Il presidente del consiglio Mario Monti continua a negare la possibilità di una riedizione del suo governo anche dopo le elezioni del 2013, ma sono sempre di più invece coloro che auspicano questa soluzione.

Gli imprenditori riuniti a Cernobbio non hanno fatto mistero di gradire e augurarsi che dopo Monti vi sia nuovamente Monti e Pierferdinando Casini ne fa addirittura la sua bandiera politica, spalleggiato dalla Marcegaglia. Altri non lo dicono, ma forse lo pensano, come Berlusconi che, a dispetto di un PDL per gran parte ostile al professore, sa bene come un nuovo governo tecnico sorretto da una grande coalizione lo riporterebbe nella stanza dei bottoni anche con una sconfitta elettorale, assai probabile.

A sinistra forse sono meno entusiasti, ma Bersani sa che un governo quasi-tecnico e una maggioranza di larghe intese, sulla falsa riga di quella attuale, lo solleverebbe dall’arduo compito di affrontare in prima persona una crisi economico-finanziaria tutt’altro che risolta, magari con il fiato sul collo dell’esuberante sindaco di Firenze Matteo Renzi. Anche i sondaggi elettorali mostrano una situazione che difficilmente vedrebbe uscire dalle elezioni un chiaro vincitore con i numeri per governare in tranquillità, specie al Senato, indicando la grande coalizione come risultato probabile per la governabilità.

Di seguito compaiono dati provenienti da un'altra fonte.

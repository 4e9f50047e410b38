-- ===== src/Profile/Measure.antt =====
-- One measurement of a profiler point: Init, Start, StopContinue, Stop and PutProfVal.
use rt_debug_lib.Base.{
  ℕ, ◌+◌, ◌-◌, ◌/◌, ◌^◌, ◌≤◌, ◌<◌, ◌≡◌, refl, ap, ◌∙◌, List, [], ◌∷◌, arith, Result, ok, Returns,
  Returns-result, add64, sub64, u64_mod, ◌>>=◌, if◌then◌else◌, ltb,
}
use rt_debug_lib.Clock.{Timespec, InRange, nanos, nanos-lt}
use rt_debug_lib.Profile.{
  ProfilePoint, time_eval, reset_data, init, calibrate, start, stop_continue, measured,
}

-- Init does not use the number of measurements that it is given: whatever the caller asks for, and
-- whatever the point held, the point reports after every 500 of them, by the clock, from a cleared
-- state, into the FIFO that was passed.
pub init_ignores_max_count :
    (mem_ptr max_count : ℕ) (rounds : List (Timespec × Timespec)) (p : ProfilePoint)
    → let q = init mem_ptr max_count rounds p in
      (q.max_calls ≡ 500)
      × (q.eval_type ≡ time_eval)
      × (q.mem_ptr ≡ mem_ptr)
      × (q.prof_data ≡ reset_data)
      × (q.start_val ≡ 0)
      × (q.acc_cnt ≡ 0)
      × ((other : ℕ) → init mem_ptr other rounds p ≡ q)
unfolding init
init_ignores_max_count mem_ptr max_count rounds p =
    (refl, refl, refl, refl, refl, refl, λ other. refl)

-- The calibration adds up the times between the two readings of each round.
abbrev pub gaps : List (Timespec × Timespec) → ℕ
gaps [] = 0
gaps ((t0, t1) ∷ rounds) = (nanos t1 - nanos t0) + gaps rounds

abbrev pub InOrder : List (Timespec × Timespec) → Type 0
InOrder [] = Unit {0}
InOrder ((t0, t1) ∷ rounds) = InRange t0 × InRange t1 × (nanos t0 ≤ nanos t1) × InOrder rounds

calibrate_lem :
    (acc : ℕ) (rounds : List (Timespec × Timespec))
    → InOrder rounds
    → acc + gaps rounds < u64_mod
    → calibrate acc rounds ≡ acc + gaps rounds
unfolding calibrate
calibrate_lem acc [] h small = omega arith
calibrate_lem acc ((t0, t1) ∷ rounds) h small =
    let here : add64 acc (sub64 (nanos t1) (nanos t0)) ≡ acc + (nanos t1 - nanos t0) =
      omega (arith, nanos-lt t0 h.0, nanos-lt t1 h.1, h.2) in
    rw here (calibrate_lem (acc + (nanos t1 - nanos t0)) rounds h.3 (omega arith) ∙ omega arith)

-- For readings in order and a sum below 2^64, the correction that Init computes is a tenth of the
-- sum of the times between the two readings of each round.
pub delta-init :
    (mem_ptr max_count : ℕ) (rounds : List (Timespec × Timespec)) (p : ProfilePoint)
    → InOrder rounds
    → gaps rounds < u64_mod
    → (init mem_ptr max_count rounds p).delta ≡ gaps rounds / 10
unfolding init
delta-init mem_ptr max_count rounds p h small =
    ap (λ (t : ℕ). t / 10) (calibrate_lem 0 rounds h (omega arith) ∙ omega arith)

-- Segments of one measurement: Start and StopContinue at the times of each pair.
pub run_segments : List (Timespec × Timespec) → ProfilePoint → Result ProfilePoint
run_segments [] p = ok p
run_segments ((t0, t1) ∷ rest) p = do p' ← start t0 0 p; run_segments rest (stop_continue t1 0 p')

-- One segment of a waiting TIME_EVAL point: it waits again, with the time added.
segment_lem :
    (t0 t1 : Timespec) (p : ProfilePoint)
    → p.eval_type ≡ time_eval
    → p.start_val ≡ 0
    → InRange t0
    → InRange t1
    → nanos t0 ≤ nanos t1
    → p.acc_cnt + (nanos t1 - nanos t0) < u64_mod
    → Returns (start t0 0 p) λ p'.
      let q = stop_continue t1 0 p' in
      (q.acc_cnt ≡ p.acc_cnt + (nanos t1 - nanos t0))
      × (q.eval_type ≡ time_eval)
      × (q.start_val ≡ 0)
      × (q.delta ≡ p.delta)
unfolding start stop_continue
segment_lem t0 t1 p timed idle h0 h1 order small =
    ground (arith, timed, idle, nanos-lt t0 h0, nanos-lt t1 h1, order, small)

-- Start and StopContinue of a waiting TIME_EVAL point over any number of segments never abort, and leave a waiting point whose
-- accumulated time is the sum of their lengths, for clock readings in order and a sum below 2^64.
pub run_segments_accumulate :
    (segments : List (Timespec × Timespec)) (p : ProfilePoint)
    → p.eval_type ≡ time_eval
    → p.start_val ≡ 0
    → InOrder segments
    → p.acc_cnt + gaps segments < u64_mod
    → Returns
        (run_segments segments p)
        λ q. (q.acc_cnt ≡ p.acc_cnt + gaps segments) × (q.start_val ≡ 0) × (q.delta ≡ p.delta)
unfolding run_segments
run_segments_accumulate [] p timed idle h small = (omega arith, idle, refl)
run_segments_accumulate ((t0, t1) ∷ rest) p timed idle h small =
    let (p', run, post) =
      Returns-result (start t0 0 p) _ (segment_lem t0 t1 p timed idle h.0 h.1 h.2 (omega arith)) in
    let (q, run', post') =
      Returns-result (run_segments rest (stop_continue t1 0 p')) _
        (run_segments_accumulate rest (stop_continue t1 0 p') post.1 post.2 h.3 (omega arith)) in
    rw (run, run') (omega (arith, post, post'), post'.1, post'.2 ∙ post.3)

-- What Stop measures by the clock, for a reading not before Start and sums that fit in 63 bits: the time since Start and the time accumulated before,
-- less the calibrated cost of a reading, or 20 where that cost is larger.
pub measured_lem :
    (now : Timespec) (tsc : ℕ) (p : ProfilePoint)
    → p.eval_type ≡ time_eval
    → InRange now
    → p.start_val ≤ nanos now
    → p.acc_cnt + (nanos now - p.start_val) < 2 ^ 63
    → p.delta < 2 ^ 63
    → let total = p.acc_cnt + (nanos now - p.start_val) in
      measured now tsc p ≡ (if ltb total p.delta then 20 else total - p.delta)
unfolding measured
measured_lem now tsc p timed h order small cost =
    ground (arith, timed, nanos-lt now h, order, small, cost)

Eppure Monti nicchia e ripete ad ogni occasione che il suo orizzonte arriva alla primavera del 2013, ma allora chi raccoglierà il testimone del governo dei tecnici?

C’è qualcuno che nicchia molto meno, anzi pare agitarsi moltissimo, anche sui media, e non fa mistero di volersi candidare per avere anche una legittimazione politica ad un eventuale impegno di governo. Costui è il ministro dello sviluppo economico Corrado Passera, ospite continuo di tv e giornali che lo vedono prodigo di suggerimenti, promesse, annunci e consigli, spesso anche non richiesti.

L’ex amministratore delegato di Intesa San Paolo infatti sarebbe gradito a molti nell’attuale panorama politico, e probabilmente anche in quello della finanza e della grande impresa italiana. Primo tra tutti Passera pare piaccia molto a Silvio Berlusconi, nonostante la vicenda delle frequenze digitali Mediaset, e non a caso è il ministro che meno ha criticato il precedente governo, al contrario di Monti che lo ha fatto spesso e duramente.

L’ironia è che proprio coloro che hanno sempre accusato il governo Monti d’essere “il governo dei banchieri” incoraggerebbero l’unico vero banchiere tra i ministri a capeggiare il prossimo esecutivo e saranno probabilmente proprio quelli che più hanno sbraitato in questi mesi a spingere di più per questa soluzione.

Personalmente preferirei di gran lunga Monti a Passera, di cui non mi piacciono i passati non del tutto limpidi da banchiere ed il protagonismo eccessivo da ministro, ma credo che il vero nodo sia nella maggioranza politica che sosterrà il prossimo governo. Una riedizione dell’ABC (Alfano-Bersani-Casini) non risolverebbe la situazione drammatica attuale, infatti il limite maggiore del governo Monti è venuto proprio da questa maggioranza, preda di interessi contrapposti e che non coincidono con quelli del Paese.

Ecco perché comunque le elezioni del 2013 sono di fondamentale importanza; molto potrebbe cambiare infatti se da esse uscisse una maggioranza diversa, con una affermazione di un’area di centro, di ispirazione liberaldemocratica, votata alle riforme di cui l’Italia ha più che mai bisogno. Il problema è che quest’area ancora non esiste e c’è davvero poco tempo per costruirla.